● **WORK INSTRUCTIONS**
Copy every line from the records below that holds the word "them".

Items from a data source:
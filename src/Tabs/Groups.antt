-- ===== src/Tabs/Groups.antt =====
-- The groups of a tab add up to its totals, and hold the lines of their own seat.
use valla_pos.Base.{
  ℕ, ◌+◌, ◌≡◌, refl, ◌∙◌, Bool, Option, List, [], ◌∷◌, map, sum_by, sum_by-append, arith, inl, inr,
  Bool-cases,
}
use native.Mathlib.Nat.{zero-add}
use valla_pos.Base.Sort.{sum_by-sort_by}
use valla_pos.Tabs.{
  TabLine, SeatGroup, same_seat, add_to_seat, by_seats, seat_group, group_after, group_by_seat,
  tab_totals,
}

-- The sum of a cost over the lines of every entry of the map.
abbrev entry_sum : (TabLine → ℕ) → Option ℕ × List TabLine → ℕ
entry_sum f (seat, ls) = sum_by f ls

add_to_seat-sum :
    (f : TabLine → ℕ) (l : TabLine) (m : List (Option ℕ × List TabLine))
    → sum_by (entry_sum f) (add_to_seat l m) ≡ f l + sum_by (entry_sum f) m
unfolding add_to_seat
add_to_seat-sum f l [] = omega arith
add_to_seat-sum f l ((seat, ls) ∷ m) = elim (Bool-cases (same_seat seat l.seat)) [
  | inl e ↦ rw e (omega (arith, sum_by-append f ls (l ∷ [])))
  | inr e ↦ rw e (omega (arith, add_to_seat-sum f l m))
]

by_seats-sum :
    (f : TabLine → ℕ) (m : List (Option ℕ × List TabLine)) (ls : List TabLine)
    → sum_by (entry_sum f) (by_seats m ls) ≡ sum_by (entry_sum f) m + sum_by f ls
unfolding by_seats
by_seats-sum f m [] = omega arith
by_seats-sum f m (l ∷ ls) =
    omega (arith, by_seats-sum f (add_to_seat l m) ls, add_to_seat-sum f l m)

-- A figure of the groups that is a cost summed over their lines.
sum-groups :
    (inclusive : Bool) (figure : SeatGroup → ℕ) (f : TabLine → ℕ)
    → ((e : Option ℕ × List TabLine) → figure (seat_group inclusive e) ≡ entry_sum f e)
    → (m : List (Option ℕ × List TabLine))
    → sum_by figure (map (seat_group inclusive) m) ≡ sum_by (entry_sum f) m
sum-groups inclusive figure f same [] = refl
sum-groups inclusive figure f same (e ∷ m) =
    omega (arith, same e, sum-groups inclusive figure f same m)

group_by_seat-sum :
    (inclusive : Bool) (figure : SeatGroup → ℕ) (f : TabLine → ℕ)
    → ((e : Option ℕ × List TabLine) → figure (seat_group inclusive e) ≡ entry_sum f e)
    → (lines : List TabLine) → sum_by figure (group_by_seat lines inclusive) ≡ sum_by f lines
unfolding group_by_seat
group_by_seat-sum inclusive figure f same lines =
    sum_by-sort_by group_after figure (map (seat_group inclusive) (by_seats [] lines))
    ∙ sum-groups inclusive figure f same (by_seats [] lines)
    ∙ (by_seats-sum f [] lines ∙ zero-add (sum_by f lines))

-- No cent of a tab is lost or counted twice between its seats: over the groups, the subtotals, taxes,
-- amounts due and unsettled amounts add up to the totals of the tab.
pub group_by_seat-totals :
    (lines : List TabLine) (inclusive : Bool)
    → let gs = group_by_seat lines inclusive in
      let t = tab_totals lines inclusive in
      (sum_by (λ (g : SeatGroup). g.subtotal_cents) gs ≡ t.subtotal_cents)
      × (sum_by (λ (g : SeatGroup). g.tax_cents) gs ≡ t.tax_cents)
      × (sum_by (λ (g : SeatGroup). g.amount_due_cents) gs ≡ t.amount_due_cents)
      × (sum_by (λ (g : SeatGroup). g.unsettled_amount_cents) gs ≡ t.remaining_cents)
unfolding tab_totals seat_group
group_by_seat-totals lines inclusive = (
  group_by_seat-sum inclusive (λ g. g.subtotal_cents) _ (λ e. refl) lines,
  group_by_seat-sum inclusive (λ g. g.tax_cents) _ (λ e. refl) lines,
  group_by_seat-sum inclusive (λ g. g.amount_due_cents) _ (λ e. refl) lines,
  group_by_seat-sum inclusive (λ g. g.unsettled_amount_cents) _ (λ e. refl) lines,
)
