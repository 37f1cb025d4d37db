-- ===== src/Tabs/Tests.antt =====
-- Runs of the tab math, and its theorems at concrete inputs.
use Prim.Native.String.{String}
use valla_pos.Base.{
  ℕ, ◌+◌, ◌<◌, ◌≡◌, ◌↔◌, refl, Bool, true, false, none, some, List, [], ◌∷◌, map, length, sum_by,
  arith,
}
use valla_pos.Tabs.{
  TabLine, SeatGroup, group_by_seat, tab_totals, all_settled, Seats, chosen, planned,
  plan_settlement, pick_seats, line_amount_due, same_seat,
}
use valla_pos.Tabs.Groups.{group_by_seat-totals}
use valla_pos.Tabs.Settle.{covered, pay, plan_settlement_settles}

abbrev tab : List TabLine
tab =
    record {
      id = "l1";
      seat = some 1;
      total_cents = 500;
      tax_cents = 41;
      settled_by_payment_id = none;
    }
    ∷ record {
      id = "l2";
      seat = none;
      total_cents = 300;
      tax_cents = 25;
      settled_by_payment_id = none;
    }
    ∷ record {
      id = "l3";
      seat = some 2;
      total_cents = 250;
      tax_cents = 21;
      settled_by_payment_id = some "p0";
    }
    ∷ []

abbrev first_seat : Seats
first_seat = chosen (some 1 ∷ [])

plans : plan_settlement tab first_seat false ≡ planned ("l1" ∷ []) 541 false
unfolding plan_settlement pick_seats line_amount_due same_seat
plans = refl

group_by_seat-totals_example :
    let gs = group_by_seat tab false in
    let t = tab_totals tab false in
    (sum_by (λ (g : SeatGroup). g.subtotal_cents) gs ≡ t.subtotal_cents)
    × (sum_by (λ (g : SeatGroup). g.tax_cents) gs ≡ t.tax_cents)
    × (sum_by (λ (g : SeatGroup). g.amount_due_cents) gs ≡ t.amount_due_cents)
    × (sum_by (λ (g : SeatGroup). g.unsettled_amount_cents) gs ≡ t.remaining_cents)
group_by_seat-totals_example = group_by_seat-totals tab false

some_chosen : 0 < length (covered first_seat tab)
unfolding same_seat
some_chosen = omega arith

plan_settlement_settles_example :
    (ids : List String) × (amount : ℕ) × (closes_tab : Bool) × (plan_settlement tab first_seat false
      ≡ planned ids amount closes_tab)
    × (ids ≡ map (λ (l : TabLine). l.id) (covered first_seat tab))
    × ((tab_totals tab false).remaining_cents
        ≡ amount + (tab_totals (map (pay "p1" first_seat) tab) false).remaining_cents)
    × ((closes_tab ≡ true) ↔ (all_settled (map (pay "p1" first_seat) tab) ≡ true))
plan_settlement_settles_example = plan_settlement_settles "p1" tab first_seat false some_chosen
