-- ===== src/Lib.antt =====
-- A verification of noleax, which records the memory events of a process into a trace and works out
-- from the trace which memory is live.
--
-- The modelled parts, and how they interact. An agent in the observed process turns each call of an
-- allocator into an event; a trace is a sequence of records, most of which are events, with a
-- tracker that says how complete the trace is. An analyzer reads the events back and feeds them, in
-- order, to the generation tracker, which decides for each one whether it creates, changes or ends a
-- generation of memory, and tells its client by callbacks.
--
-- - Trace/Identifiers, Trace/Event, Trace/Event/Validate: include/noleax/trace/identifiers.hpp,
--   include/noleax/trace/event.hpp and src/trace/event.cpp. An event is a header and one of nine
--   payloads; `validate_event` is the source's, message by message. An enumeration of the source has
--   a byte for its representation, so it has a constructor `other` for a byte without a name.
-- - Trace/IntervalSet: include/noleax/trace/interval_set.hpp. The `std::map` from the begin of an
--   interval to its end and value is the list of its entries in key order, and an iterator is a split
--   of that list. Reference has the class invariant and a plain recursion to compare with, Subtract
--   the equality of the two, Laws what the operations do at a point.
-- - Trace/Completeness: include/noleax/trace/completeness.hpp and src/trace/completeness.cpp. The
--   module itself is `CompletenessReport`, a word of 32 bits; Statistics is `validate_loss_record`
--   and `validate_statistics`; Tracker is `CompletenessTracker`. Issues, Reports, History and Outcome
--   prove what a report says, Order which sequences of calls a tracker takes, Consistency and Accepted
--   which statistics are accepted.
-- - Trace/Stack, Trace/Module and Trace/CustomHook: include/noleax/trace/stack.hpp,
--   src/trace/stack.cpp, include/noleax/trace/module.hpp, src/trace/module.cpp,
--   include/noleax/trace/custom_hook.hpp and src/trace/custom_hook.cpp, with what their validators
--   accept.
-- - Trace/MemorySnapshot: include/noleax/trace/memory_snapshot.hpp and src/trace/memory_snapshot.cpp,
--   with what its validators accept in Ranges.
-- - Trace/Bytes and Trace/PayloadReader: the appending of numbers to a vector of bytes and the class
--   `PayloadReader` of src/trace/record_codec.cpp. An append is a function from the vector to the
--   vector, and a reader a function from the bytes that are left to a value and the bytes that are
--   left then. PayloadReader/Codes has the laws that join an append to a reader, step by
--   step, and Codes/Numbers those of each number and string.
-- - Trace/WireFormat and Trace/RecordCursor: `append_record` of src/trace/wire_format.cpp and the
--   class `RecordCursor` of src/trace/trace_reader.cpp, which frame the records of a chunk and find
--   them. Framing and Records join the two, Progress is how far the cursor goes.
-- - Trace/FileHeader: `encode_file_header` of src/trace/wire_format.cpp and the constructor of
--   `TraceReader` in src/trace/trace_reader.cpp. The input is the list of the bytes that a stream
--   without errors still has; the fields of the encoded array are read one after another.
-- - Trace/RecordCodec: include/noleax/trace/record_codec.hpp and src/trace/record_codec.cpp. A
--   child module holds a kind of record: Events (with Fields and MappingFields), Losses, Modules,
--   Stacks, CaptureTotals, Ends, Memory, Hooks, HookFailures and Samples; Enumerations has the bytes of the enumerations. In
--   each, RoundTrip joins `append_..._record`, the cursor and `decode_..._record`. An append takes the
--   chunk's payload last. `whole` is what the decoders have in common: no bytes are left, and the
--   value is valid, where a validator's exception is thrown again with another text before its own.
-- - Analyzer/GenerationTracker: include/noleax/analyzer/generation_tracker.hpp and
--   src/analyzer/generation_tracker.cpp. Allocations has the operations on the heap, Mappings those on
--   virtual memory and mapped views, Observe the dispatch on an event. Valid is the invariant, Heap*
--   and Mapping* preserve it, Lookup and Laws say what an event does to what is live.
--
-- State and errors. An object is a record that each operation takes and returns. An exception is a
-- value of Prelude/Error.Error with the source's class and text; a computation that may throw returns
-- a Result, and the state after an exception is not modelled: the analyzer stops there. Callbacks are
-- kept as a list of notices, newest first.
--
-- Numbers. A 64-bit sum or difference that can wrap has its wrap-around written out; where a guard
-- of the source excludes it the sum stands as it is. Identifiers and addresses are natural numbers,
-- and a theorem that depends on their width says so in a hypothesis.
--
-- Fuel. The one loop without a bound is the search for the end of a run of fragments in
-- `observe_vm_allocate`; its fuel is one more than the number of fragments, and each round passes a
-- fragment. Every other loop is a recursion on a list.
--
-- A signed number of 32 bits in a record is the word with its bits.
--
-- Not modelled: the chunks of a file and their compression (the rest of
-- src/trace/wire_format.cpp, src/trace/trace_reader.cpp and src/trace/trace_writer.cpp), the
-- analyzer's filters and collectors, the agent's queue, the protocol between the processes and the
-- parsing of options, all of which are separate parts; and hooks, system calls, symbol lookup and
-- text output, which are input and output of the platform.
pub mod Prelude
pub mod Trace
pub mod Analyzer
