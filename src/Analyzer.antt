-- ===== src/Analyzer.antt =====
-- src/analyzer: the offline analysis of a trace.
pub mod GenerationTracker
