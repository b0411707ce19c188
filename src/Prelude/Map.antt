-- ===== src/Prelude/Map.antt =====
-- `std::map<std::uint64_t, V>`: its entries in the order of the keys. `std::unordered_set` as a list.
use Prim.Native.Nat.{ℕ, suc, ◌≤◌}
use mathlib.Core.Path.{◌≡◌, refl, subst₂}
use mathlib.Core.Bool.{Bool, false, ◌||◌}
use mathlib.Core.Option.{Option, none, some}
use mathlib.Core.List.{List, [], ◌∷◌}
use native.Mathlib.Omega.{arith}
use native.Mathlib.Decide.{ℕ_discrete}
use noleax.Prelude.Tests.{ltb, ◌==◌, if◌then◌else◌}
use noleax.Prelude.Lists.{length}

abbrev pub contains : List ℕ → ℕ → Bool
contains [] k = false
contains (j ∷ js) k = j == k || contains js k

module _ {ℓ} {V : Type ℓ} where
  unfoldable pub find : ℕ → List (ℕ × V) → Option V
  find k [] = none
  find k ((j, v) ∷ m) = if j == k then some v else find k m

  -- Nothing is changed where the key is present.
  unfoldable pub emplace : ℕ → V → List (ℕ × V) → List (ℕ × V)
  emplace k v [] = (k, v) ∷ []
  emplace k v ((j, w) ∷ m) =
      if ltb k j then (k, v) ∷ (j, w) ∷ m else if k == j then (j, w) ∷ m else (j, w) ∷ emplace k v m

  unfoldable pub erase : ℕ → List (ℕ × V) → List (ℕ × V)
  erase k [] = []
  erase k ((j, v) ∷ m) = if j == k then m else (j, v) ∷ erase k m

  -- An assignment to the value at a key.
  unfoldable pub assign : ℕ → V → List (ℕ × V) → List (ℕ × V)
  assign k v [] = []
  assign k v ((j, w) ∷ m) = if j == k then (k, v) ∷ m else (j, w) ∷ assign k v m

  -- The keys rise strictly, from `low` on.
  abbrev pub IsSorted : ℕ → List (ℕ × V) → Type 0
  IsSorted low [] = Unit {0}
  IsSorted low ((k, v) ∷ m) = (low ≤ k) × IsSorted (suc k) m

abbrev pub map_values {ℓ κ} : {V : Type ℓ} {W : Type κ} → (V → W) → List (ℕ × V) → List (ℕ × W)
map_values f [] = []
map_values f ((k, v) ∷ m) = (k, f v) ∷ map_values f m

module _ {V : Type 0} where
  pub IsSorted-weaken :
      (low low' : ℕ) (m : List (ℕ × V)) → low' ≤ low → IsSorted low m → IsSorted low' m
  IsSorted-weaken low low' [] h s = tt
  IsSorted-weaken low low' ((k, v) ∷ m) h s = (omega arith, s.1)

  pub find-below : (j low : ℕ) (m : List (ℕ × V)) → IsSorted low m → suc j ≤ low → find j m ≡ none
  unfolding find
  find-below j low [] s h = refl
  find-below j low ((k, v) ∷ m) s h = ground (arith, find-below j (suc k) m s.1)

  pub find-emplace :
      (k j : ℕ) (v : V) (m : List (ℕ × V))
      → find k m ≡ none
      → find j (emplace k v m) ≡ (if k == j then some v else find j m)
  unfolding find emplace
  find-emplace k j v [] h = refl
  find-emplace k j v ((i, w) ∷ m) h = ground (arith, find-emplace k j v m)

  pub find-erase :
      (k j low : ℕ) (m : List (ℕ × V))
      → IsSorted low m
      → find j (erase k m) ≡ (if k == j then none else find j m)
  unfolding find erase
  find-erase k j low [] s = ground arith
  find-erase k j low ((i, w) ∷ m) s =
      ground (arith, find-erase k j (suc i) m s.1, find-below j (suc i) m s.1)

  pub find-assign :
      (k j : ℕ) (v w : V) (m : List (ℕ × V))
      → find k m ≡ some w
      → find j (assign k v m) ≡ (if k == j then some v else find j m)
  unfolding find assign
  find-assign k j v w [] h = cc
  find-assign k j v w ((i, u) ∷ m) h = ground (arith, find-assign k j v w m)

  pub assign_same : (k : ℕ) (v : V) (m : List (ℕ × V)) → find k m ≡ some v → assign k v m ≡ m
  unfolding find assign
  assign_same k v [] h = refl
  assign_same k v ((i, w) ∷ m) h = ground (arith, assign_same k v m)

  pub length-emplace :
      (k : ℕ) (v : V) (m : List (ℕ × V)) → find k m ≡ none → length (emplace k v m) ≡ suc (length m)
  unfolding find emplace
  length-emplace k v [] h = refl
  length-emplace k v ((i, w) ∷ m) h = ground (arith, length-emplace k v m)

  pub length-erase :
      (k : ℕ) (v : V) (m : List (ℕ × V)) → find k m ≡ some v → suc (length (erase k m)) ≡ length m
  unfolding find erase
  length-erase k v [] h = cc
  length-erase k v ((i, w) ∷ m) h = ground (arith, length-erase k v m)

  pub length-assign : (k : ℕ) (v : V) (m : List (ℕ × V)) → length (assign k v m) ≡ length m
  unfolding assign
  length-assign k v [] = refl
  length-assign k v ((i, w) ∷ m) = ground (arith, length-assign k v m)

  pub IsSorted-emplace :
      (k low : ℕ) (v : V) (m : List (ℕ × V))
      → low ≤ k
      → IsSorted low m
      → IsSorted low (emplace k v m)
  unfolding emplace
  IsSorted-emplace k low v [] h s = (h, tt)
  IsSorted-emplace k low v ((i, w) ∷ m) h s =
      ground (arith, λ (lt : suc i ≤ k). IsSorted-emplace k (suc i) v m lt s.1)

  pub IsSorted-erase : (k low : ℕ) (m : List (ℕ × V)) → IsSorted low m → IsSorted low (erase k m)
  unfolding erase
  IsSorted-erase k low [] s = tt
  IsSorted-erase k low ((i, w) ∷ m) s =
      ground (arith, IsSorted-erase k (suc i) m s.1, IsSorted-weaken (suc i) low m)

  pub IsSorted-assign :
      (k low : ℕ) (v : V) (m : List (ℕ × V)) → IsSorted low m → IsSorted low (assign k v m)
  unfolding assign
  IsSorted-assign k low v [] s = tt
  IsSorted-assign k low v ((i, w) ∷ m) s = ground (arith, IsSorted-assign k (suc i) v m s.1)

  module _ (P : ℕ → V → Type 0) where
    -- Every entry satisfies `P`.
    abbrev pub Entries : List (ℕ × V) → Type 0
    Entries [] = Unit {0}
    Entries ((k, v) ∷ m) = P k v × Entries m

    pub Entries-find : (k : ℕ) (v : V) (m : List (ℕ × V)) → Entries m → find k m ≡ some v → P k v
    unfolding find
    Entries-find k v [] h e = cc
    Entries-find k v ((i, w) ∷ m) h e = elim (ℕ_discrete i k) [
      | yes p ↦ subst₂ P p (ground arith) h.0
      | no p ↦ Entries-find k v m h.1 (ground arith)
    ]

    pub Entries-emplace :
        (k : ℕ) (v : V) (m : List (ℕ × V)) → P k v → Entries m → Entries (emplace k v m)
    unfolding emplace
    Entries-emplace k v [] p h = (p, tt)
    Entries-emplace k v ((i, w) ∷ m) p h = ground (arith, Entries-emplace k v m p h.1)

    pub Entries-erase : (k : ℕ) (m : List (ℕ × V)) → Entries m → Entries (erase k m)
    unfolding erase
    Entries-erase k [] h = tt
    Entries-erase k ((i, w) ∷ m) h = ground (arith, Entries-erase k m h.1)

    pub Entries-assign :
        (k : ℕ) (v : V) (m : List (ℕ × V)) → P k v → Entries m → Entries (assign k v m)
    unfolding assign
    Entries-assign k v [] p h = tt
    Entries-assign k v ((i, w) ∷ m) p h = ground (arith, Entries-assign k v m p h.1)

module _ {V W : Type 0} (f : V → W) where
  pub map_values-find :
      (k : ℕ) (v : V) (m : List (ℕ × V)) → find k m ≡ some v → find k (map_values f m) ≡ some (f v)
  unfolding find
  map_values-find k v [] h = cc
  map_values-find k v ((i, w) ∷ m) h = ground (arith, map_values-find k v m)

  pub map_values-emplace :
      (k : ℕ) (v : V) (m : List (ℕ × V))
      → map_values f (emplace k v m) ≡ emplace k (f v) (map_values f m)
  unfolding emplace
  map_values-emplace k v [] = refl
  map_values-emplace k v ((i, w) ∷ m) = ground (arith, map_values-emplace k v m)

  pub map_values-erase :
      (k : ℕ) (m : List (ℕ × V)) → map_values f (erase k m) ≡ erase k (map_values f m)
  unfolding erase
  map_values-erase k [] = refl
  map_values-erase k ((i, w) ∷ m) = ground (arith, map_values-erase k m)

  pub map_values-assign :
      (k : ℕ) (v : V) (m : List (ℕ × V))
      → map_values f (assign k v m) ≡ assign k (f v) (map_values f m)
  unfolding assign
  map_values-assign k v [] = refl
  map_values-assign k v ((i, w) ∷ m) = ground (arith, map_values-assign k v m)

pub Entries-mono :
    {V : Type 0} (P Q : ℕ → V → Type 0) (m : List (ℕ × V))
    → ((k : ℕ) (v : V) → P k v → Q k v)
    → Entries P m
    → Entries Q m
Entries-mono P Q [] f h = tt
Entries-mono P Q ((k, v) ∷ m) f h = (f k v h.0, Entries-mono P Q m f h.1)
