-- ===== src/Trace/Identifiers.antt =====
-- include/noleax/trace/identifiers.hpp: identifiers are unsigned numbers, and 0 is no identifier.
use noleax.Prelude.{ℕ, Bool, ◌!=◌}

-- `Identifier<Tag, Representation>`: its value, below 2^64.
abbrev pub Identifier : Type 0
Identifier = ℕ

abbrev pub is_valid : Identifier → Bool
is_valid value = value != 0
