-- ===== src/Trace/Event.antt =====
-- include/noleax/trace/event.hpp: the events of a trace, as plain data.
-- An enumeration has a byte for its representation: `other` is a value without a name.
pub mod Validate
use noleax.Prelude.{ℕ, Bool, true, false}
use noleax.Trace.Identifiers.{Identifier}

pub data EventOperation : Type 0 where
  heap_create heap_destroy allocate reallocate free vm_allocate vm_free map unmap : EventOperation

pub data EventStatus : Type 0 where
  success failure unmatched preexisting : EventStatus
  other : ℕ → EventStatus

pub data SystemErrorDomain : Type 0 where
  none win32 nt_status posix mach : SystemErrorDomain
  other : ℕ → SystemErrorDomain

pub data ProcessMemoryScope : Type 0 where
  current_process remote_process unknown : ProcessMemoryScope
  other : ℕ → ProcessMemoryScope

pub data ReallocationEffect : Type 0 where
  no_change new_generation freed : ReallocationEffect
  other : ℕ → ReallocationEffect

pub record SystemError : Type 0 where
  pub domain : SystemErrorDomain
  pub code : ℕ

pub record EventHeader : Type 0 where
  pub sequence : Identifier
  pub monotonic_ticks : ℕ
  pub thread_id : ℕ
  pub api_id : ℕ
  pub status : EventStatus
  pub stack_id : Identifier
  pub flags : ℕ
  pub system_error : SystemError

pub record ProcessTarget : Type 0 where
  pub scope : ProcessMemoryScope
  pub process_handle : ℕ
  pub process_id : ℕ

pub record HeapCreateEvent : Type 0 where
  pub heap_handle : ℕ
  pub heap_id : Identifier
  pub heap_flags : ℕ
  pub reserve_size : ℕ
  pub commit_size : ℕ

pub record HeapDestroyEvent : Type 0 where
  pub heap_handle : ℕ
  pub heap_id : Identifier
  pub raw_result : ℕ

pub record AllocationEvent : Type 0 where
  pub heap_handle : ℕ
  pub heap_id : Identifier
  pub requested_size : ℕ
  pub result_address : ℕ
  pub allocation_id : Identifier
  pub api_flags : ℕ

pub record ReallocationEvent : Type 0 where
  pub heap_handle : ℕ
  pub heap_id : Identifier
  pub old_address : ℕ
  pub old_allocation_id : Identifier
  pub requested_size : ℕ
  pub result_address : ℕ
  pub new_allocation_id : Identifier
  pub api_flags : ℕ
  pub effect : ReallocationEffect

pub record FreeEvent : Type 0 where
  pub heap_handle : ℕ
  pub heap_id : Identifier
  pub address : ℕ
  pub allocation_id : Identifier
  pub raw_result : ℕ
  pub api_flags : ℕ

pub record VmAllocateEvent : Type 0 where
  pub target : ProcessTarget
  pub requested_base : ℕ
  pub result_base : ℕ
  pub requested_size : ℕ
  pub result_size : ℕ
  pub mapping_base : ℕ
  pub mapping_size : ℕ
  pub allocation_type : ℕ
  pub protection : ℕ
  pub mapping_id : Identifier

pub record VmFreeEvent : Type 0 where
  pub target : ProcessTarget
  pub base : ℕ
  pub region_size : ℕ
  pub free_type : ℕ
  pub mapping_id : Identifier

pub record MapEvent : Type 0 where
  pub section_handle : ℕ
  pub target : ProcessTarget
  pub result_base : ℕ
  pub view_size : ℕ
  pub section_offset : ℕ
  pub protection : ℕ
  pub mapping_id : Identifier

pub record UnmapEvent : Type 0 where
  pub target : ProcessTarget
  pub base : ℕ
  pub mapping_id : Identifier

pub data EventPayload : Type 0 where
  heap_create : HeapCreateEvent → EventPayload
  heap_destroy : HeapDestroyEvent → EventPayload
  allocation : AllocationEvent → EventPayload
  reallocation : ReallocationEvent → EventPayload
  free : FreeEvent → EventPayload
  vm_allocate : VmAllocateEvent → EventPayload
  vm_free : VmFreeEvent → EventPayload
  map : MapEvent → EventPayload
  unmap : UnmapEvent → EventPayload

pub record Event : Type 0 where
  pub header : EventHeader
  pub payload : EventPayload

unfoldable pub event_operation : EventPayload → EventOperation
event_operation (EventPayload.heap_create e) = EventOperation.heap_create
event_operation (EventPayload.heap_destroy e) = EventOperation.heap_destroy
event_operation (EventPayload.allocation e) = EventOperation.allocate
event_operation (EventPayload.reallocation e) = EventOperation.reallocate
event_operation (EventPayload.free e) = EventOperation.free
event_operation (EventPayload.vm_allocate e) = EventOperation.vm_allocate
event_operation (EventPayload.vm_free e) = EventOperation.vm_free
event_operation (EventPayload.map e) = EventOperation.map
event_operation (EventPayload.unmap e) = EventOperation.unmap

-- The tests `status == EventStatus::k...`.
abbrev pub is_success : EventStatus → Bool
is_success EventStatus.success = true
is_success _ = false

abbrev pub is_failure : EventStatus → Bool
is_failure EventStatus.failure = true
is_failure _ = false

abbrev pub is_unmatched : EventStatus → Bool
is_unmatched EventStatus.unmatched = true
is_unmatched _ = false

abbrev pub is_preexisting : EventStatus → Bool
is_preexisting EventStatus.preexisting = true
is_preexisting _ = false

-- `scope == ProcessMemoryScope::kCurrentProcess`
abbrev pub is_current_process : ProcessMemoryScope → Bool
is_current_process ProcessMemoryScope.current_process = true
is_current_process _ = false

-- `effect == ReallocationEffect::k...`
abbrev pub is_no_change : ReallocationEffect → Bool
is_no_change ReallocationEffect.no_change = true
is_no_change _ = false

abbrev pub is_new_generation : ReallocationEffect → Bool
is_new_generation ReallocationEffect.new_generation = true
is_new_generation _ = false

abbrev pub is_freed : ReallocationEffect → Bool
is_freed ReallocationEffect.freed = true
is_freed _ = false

● **SOLUTION TO THIS TASK**
-- tracker that says how complete the trace is. An analyzer reads the events back and feeds them, in
--   them. Framing and Records join the two, Progress is how far the cursor goes.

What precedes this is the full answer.